→ **Exercise**
Please say how many lines of the entries below contain the word "ReportRequest", and leave out everything else.

BEGIN Records for this task

-- ===== src/Attestor/Reports.antt =====
-- internal/chain/writer.go: how a report is encoded, signed and written. The ABI encoding, the signing
-- and the contracts' forwarders are parameters.
use compliance_gateway.Common.{
  Bool, true, false, Option, List, [], ◌∷◌, Result, ok, err, ◌>>=◌, ◌>>◌, or_err, require,
}
use compliance_gateway.Text.{Text, codes}
use compliance_gateway.Attestor.{Runtime, Report, attestations, settlement}

mutual
  -- `abi.Type`, as far as the reports use it.
  pub data AbiType : Type 0 where
    uint8 uint64 bytes32 address boolean : AbiType
    tuple tuples : Components → AbiType

  -- `[]abi.ArgumentMarshaling`
  pub data Components : Type 0 where
    last : Components
    component : Text → AbiType → Components → Components

abbrev pub attestation_components : Components
attestation_components =
    component (codes "nullifier") bytes32
      (component (codes "level") uint8 (component (codes "expiry") uint64 last))

abbrev pub entry_components : Components
entry_components = component (codes "kind") uint8 (
    component (codes "gate") address (
      component (codes "wallet") address (
        component (codes "att") (tuple attestation_components)
          (component (codes "nullifier") bytes32 last))))

-- `ReportRequest`
pub record ReportRequest : Type 0 where
  pub encoded_payload : Text
  pub encoder_name : Text
  pub signing_algo : Text
  pub hashing_algo : Text

-- go-ethereum's ABI, the runtime's signing, and the two contracts.
pub record Chain : Type 0 where
  pub has_type : AbiType → Bool  -- abi.NewType
  pub pack : List AbiType → Report → Option Text
  pub generate : ReportRequest → Option Text
  pub write_registry : Text → Bool
  pub write_gateway : Text → Bool

pub data WriteErr : Type 0 where
  no_type not_packed not_signed not_written : WriteErr

-- The arguments of a report, each of a type that the ABI has.
unfoldable pub report_args : Chain → List AbiType → Result WriteErr (List AbiType)
report_args chain [] = ok []
report_args chain (t ∷ ts) = do
  require (chain.has_type t) no_type
  rest ← report_args chain ts
  ok (t ∷ rest)

-- `attestationReportArgs` and `settlementReportArgs`
abbrev pub attestation_types : List AbiType
attestation_types = uint64 ∷ tuples entry_components ∷ []

abbrev pub settlement_types : List AbiType
settlement_types = bytes32 ∷ boolean ∷ []

abbrev pub report_request : Text → ReportRequest
report_request encoded = record {
  encoded_payload = encoded;
  encoder_name = codes "evm";
  signing_algo = codes "ecdsa";
  hashing_algo = codes "keccak256";
}

-- `generateAndWrite`
unfoldable pub generate_and_write : Chain → Text → (Text → Bool) → Result WriteErr (Unit {0})
generate_and_write chain encoded write = do
  report ← or_err not_signed (chain.generate (report_request encoded))
  require (write report) not_written

unfoldable pub write_packed :
    Chain → List AbiType → Report → (Text → Bool) → Result WriteErr (Unit {0})
unfolding report_args generate_and_write
write_packed chain types r write = do
  args ← report_args chain types
  encoded ← or_err not_packed (chain.pack args r)
  generate_and_write chain encoded write

-- `ReportAttestations` and `ReportSettlement`
unfoldable pub write_report : Chain → Report → Result WriteErr (Unit {0})
unfolding write_packed
write_report chain (attestations heartbeat batch) =
    write_packed chain attestation_types (attestations heartbeat batch) chain.write_registry
write_report chain (settlement id accepted) =
    write_packed chain settlement_types (settlement id accepted) chain.write_gateway

abbrev pub is_written : Result WriteErr (Unit {0}) → Bool
is_written (ok u) = true
is_written (err e) = false

-- The runtime of the workflow with the writer in it.
unfoldable pub with_writer : Chain → Runtime → Runtime
unfolding write_report
with_writer chain rt = record rt { write_report = λ r. is_written (write_report chain r) }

END Records for this task

→ **Output**
4